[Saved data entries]
+++

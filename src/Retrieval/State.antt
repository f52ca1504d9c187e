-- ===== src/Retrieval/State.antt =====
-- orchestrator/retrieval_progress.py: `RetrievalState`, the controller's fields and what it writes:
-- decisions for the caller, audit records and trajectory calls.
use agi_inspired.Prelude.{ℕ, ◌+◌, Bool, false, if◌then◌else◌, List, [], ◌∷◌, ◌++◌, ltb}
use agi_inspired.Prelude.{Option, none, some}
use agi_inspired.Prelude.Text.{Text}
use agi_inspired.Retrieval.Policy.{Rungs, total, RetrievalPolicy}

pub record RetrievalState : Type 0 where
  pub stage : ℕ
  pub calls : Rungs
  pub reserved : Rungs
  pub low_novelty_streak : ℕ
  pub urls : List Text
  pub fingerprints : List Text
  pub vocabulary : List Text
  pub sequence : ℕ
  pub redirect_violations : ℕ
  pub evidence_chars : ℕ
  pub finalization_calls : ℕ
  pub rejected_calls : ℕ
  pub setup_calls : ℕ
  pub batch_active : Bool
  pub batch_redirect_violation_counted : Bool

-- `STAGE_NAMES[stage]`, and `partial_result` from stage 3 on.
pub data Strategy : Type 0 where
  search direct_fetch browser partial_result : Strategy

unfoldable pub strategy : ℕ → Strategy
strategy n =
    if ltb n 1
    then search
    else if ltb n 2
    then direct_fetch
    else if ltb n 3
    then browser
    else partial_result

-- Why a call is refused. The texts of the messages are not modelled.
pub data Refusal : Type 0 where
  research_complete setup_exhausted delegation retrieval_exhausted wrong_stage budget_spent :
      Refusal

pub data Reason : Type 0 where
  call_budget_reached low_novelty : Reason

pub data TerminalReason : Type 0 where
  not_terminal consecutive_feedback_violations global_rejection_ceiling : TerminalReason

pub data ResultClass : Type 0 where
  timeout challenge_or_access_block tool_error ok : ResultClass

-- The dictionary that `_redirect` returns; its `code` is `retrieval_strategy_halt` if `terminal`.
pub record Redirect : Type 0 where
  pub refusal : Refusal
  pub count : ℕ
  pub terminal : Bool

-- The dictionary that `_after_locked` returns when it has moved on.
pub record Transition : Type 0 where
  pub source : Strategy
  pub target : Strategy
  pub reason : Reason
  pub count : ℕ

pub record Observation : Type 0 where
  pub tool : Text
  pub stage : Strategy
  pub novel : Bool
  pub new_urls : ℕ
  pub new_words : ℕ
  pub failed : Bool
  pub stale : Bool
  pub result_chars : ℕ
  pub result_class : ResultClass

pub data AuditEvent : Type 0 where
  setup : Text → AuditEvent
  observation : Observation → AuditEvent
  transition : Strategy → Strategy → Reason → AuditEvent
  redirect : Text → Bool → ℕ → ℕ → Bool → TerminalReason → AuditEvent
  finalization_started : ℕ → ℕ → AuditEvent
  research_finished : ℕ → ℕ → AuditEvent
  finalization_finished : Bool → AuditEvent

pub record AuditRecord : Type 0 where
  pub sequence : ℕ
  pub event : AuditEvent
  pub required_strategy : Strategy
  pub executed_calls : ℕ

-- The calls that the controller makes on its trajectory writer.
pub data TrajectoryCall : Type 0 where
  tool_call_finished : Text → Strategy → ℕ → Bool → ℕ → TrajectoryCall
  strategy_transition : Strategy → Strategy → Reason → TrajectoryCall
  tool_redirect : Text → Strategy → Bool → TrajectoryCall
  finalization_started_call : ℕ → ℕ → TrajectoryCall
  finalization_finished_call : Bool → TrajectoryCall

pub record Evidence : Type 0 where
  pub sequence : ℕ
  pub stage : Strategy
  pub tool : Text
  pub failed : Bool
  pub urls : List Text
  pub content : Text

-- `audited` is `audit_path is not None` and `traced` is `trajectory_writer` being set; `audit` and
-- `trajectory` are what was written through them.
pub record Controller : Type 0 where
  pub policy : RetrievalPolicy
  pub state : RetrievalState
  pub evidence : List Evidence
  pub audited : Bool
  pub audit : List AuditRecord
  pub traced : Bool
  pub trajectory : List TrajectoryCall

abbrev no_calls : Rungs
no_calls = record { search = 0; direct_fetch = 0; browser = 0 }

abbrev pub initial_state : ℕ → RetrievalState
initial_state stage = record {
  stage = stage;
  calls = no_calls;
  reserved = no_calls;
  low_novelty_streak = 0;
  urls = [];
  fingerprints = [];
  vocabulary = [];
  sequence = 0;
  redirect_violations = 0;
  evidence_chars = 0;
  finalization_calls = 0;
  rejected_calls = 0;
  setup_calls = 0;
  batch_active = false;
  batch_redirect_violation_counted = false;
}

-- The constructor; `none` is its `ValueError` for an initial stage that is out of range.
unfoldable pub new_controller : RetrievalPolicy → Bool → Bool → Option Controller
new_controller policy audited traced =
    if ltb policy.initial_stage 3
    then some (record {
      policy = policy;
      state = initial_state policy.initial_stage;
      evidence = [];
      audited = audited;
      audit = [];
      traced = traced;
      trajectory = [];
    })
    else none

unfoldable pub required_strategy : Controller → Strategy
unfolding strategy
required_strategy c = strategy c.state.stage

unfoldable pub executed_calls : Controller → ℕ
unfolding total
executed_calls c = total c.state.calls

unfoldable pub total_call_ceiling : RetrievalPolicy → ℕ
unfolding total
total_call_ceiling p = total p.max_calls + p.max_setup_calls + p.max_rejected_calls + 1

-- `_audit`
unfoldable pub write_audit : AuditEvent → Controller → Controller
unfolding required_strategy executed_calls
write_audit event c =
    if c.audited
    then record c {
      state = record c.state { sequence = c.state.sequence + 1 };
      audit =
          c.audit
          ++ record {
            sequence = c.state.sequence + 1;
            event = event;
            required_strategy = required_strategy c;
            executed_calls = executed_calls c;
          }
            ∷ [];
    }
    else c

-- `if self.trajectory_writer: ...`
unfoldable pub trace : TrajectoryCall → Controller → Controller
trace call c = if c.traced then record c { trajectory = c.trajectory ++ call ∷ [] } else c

+++

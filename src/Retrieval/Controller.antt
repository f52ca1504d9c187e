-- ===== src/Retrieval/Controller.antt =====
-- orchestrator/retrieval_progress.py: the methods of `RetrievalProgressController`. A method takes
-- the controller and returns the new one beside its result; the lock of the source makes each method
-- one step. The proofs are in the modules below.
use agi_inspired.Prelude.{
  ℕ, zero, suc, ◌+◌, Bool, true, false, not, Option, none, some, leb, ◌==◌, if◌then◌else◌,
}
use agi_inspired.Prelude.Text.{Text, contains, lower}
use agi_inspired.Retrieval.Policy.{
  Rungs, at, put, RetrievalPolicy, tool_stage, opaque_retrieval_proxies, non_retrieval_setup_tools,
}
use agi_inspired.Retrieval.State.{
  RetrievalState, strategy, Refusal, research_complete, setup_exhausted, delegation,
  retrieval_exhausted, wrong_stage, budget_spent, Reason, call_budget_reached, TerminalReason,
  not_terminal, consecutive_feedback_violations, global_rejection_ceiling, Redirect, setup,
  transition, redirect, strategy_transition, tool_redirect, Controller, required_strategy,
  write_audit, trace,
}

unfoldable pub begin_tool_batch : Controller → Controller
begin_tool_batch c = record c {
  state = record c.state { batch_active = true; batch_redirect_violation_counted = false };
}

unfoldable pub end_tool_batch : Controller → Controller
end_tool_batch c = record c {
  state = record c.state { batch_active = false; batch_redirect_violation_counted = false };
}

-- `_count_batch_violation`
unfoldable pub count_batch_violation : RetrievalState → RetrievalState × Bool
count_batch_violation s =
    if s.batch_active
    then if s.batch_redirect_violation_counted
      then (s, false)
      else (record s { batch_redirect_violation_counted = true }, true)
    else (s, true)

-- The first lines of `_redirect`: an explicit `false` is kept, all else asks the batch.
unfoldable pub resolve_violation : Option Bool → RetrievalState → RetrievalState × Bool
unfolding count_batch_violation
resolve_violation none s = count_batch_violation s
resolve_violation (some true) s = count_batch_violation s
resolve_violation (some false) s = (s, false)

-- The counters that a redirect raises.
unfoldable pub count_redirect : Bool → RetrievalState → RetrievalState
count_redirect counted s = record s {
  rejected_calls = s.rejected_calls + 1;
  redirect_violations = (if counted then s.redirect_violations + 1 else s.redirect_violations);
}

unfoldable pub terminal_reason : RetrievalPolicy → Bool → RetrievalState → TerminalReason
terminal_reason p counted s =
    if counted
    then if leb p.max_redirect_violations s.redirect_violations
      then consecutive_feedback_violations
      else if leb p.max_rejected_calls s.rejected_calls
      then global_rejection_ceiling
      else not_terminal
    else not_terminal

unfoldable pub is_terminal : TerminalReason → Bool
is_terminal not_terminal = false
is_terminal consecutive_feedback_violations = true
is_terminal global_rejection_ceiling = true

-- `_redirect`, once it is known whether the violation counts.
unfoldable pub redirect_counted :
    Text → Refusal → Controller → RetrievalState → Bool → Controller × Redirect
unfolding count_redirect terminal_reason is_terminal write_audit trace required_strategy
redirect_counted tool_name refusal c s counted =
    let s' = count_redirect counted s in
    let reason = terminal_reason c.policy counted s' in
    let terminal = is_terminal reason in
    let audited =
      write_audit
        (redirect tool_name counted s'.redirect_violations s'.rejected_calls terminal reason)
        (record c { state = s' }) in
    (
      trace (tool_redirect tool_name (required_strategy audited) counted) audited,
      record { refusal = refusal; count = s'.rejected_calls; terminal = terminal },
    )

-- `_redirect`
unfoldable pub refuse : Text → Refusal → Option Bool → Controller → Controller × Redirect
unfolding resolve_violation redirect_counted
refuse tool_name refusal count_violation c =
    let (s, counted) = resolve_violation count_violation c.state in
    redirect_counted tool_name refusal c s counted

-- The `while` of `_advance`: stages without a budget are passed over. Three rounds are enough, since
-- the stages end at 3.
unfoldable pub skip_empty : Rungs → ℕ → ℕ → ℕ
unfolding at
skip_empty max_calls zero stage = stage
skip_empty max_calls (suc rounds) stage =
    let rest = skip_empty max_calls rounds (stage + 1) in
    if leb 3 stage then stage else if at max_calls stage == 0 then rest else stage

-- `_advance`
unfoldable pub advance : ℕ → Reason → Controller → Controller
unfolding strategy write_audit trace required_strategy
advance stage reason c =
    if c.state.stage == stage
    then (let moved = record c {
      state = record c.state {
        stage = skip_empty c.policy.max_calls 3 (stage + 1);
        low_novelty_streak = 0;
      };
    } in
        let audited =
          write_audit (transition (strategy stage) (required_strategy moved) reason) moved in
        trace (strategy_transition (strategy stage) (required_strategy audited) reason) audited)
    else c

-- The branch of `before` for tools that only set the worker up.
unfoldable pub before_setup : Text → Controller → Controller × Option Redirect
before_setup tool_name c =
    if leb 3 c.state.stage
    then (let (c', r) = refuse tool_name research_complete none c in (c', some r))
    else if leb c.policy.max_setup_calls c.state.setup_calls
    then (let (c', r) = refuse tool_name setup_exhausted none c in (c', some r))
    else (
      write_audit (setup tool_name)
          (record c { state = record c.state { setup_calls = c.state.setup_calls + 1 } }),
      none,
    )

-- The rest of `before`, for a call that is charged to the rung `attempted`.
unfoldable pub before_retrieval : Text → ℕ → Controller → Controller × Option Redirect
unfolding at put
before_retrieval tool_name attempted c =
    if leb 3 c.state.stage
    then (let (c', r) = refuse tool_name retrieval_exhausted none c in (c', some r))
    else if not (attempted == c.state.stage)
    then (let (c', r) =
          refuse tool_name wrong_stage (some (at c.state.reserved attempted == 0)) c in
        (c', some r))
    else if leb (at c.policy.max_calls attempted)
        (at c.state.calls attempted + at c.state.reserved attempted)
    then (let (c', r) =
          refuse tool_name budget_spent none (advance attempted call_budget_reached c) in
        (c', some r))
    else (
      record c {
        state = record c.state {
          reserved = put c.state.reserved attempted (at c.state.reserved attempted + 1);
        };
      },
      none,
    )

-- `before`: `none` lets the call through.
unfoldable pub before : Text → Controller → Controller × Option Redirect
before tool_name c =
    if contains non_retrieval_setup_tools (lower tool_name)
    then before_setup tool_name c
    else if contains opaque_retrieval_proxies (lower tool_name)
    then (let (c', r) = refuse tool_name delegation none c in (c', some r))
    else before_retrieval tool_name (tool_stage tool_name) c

+++

▶ _Exercise_: Work through the entries above and report the number of lines that include "zero", with nothing else.

▶ _Answer box_: 2